1.	Launch the Websense installer.

2.	In the installer, for Data Security, select the Modify link.

3.	Accept the defaults in the installer screens and click Next, until you reach the Register with the Data Security Server screen.

4.	In the Register with the Data Security Server screen, enter the new IP address of the TRITON management server along with the user name and password of a TRITON administrator.

When the installers finish:

1.	Log onto TRITON - Data Security, navigate to Settings > Deployment > System Modules and verify that the components appears in the tree view.

2.	Click Deploy.

Protector

1.	Log onto each protector as root.

2.	Run "wizard securecomm".

3.	Enter the Data Security Management Server's IP address along with the user name and password of a Data Security administrator with System Modules privileges.

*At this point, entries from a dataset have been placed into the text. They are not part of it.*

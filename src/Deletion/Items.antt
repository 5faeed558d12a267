-- ===== src/Deletion/Items.antt =====
-- api/internal/domain/deletion/repository.go: the items that it writes, with their condition expressions,
-- and what the answers of the store mean to it. An item of another kind than it reads does not unmarshal.
use ctech_account.Common.{
  String, Bool, true, false, not, ◌&&◌, Option, none, some, List, [], ◌∷◌, str_eq, if◌then◌else◌,
}
use ctech_account.Action.{Result, ok, err}
use ctech_account.Dynamo.Contract.{Write, Outcome, committed, rejected, Reply, done}
use ctech_account.Deletion.Model.{
  State, is_open, same_state, Request, ServiceStatus, Status, same_status, DeletionError, not_found,
  failed,
}
use ctech_account.Deletion.Rows.{
  Key, request_key, marker_key, service_key, Row, request_row, marker_row, service_row,
}

abbrev pub is_absent : Option Row → Bool
is_absent none = true
is_absent (some r) = false

-- attribute_not_exists(pk)
abbrev pub put_new : Key → Row → Write Key Row
put_new k r = record { key = k; condition = is_absent; effect = λ _. some r }

unfoldable pub create_items : Request → List (Write Key Row)
create_items r =
    put_new (marker_key r.user_id) (marker_row r.id)
    ∷ put_new (request_key r.id) (request_row r)
    ∷ []

-- request_state = :from
abbrev pub in_state : State → Option Row → Bool
in_state from (some (request_row r)) = same_state r.state from
in_state from _ = false

-- request_id = :id
abbrev pub marks : String → Option Row → Bool
marks id (some (marker_row i)) = str_eq i id
marks id _ = false

unfoldable pub put_request : Request → State → Write Key Row
put_request r from = record {
  key = request_key r.id;
  condition = in_state from;
  effect = λ _. some (request_row r);
}

unfoldable pub delete_marker : Request → Write Key Row
delete_marker r = record { key = marker_key r.user_id; condition = marks r.id; effect = λ _. none }

abbrev pub closes : Request → State → Bool
closes r from = is_open from && not (is_open r.state)

unfoldable pub save_items : Request → State → List (Write Key Row)
unfolding put_request delete_marker
save_items r from = put_request r from ∷ (if closes r from then delete_marker r ∷ [] else [])

-- service_status = :from
abbrev pub has_status : Status → Option Row → Bool
has_status from (some (service_row st)) = same_status st.status from
has_status from _ = false

unfoldable pub put_status : ServiceStatus → Status → Write Key Row
put_status st from = record {
  key = service_key st.request_id st.service;
  condition = has_status from;
  effect = λ _. some (service_row st);
}

abbrev pub condition_error : DeletionError → Outcome → Result DeletionError (Unit {0})
condition_error e committed = ok tt
condition_error e (rejected bs) = err e
condition_error e _ = err failed

abbrev pub ignore_existing : Outcome → Result DeletionError (Unit {0})
ignore_existing committed = ok tt
ignore_existing (rejected bs) = ok tt
ignore_existing _ = err failed

abbrev pub found_request : Reply (Option Row) → Result DeletionError Request
found_request (done none) = err not_found
found_request (done (some (request_row r))) = ok r
found_request _ = err failed

abbrev pub found_marker : Reply (Option Row) → Result DeletionError String
found_marker (done none) = err not_found
found_marker (done (some (marker_row id))) = ok id
found_marker _ = err failed

abbrev pub ids_of : List Row → List String
ids_of [] = []
ids_of (request_row r ∷ rs) = r.id ∷ ids_of rs
ids_of (_ ∷ rs) = ids_of rs

abbrev pub found_ids : Reply (List Row) → Result DeletionError (List String)
found_ids (done rs) = ok (ids_of rs)
found_ids _ = err failed

abbrev add_to :
    ServiceStatus
    → Result DeletionError (List ServiceStatus)
    → Result DeletionError (List ServiceStatus)
add_to st (ok l) = ok (st ∷ l)
add_to st (err e) = err e

abbrev pub statuses_of : List Row → Result DeletionError (List ServiceStatus)
statuses_of [] = ok []
statuses_of (service_row st ∷ rs) = add_to st (statuses_of rs)
statuses_of (_ ∷ rs) = err failed

abbrev pub found_statuses : Reply (List Row) → Result DeletionError (List ServiceStatus)
found_statuses (done rs) = statuses_of rs
found_statuses _ = err failed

4.	Log onto TRITON - Data Security, navigate to Settings > Deployment > System Modules and verify that the protector appears in the tree view.

5.	Click Deploy.

Websense Content Gateway

To enable data loss prevention over Web channels, you must connect the Content Gateway module of your Web security solution to the Data Security Management Server. Follow these steps to establish that connection:

1.	Ensure that Content Gateway and Data Security Management Server systems are running and accessible, and that their system clocks are approximately synchronized.

2.	Ensure the Content Gateway machine has a fully qualified domain name (FQDN) that is unique in your network. Host name alone is not sufficient.

3.	If Content Gateway is deployed as a transparent proxy, ensure that traffic to and from the communication interface ("C" on a V-Series appliance) is not subject to transparent routing. If it is, the registration process will be intercepted by the transparent routing and will not complete properly.

4.	Make sure that the IPv4 address of the eth0 NIC on the Content Gateway machine is available (not required if Content Gateway is located on a V-Series appliance). Data Security Management Server uses the eth0 NIC during the registration process.

After registration, the IP address can move to another network interface on the same machine; however, that IP address is used for configuration deployment and must be available as long as the 2 modules are registered.

5.	From the Content Gateway Manager, select Configure > Basic > General.

6.	Make sure Data Security is turned on (the On radio button and Integrated on-box must be selected). Now click the Not Registered link. This opens the Configure > Security > Data Security registration screen.

7.	Enter the IP address of the Data Security Management Server.

8.	Enter a user name and password for a Data Security administrator with Manage System Modules privileges.

9.	Click Register. You are reminded to synchronize the system time between the proxy machine and the Data Security Management Server.

10.	If registration succeeds, a Data Security Configuration page displays. Set the following configuration options:

a.	Analyze FTP Uploads: Enable this option to send FTP uploads to Data Security for analysis and policy enforcement.

b.	Analyze Secure Content: Enable this option to send decrypted HTTPS posts to Data Security for analysis and policy enforcement.

These options can be accessed whenever Data Security is registered by going to the Configure > Security > Data Security > General page.

11.	Click Apply.

12.	Restart Content Gateway.

13.	Deploy the Content Gateway module by clicking Deploy in the TRITON - Data Security user interface.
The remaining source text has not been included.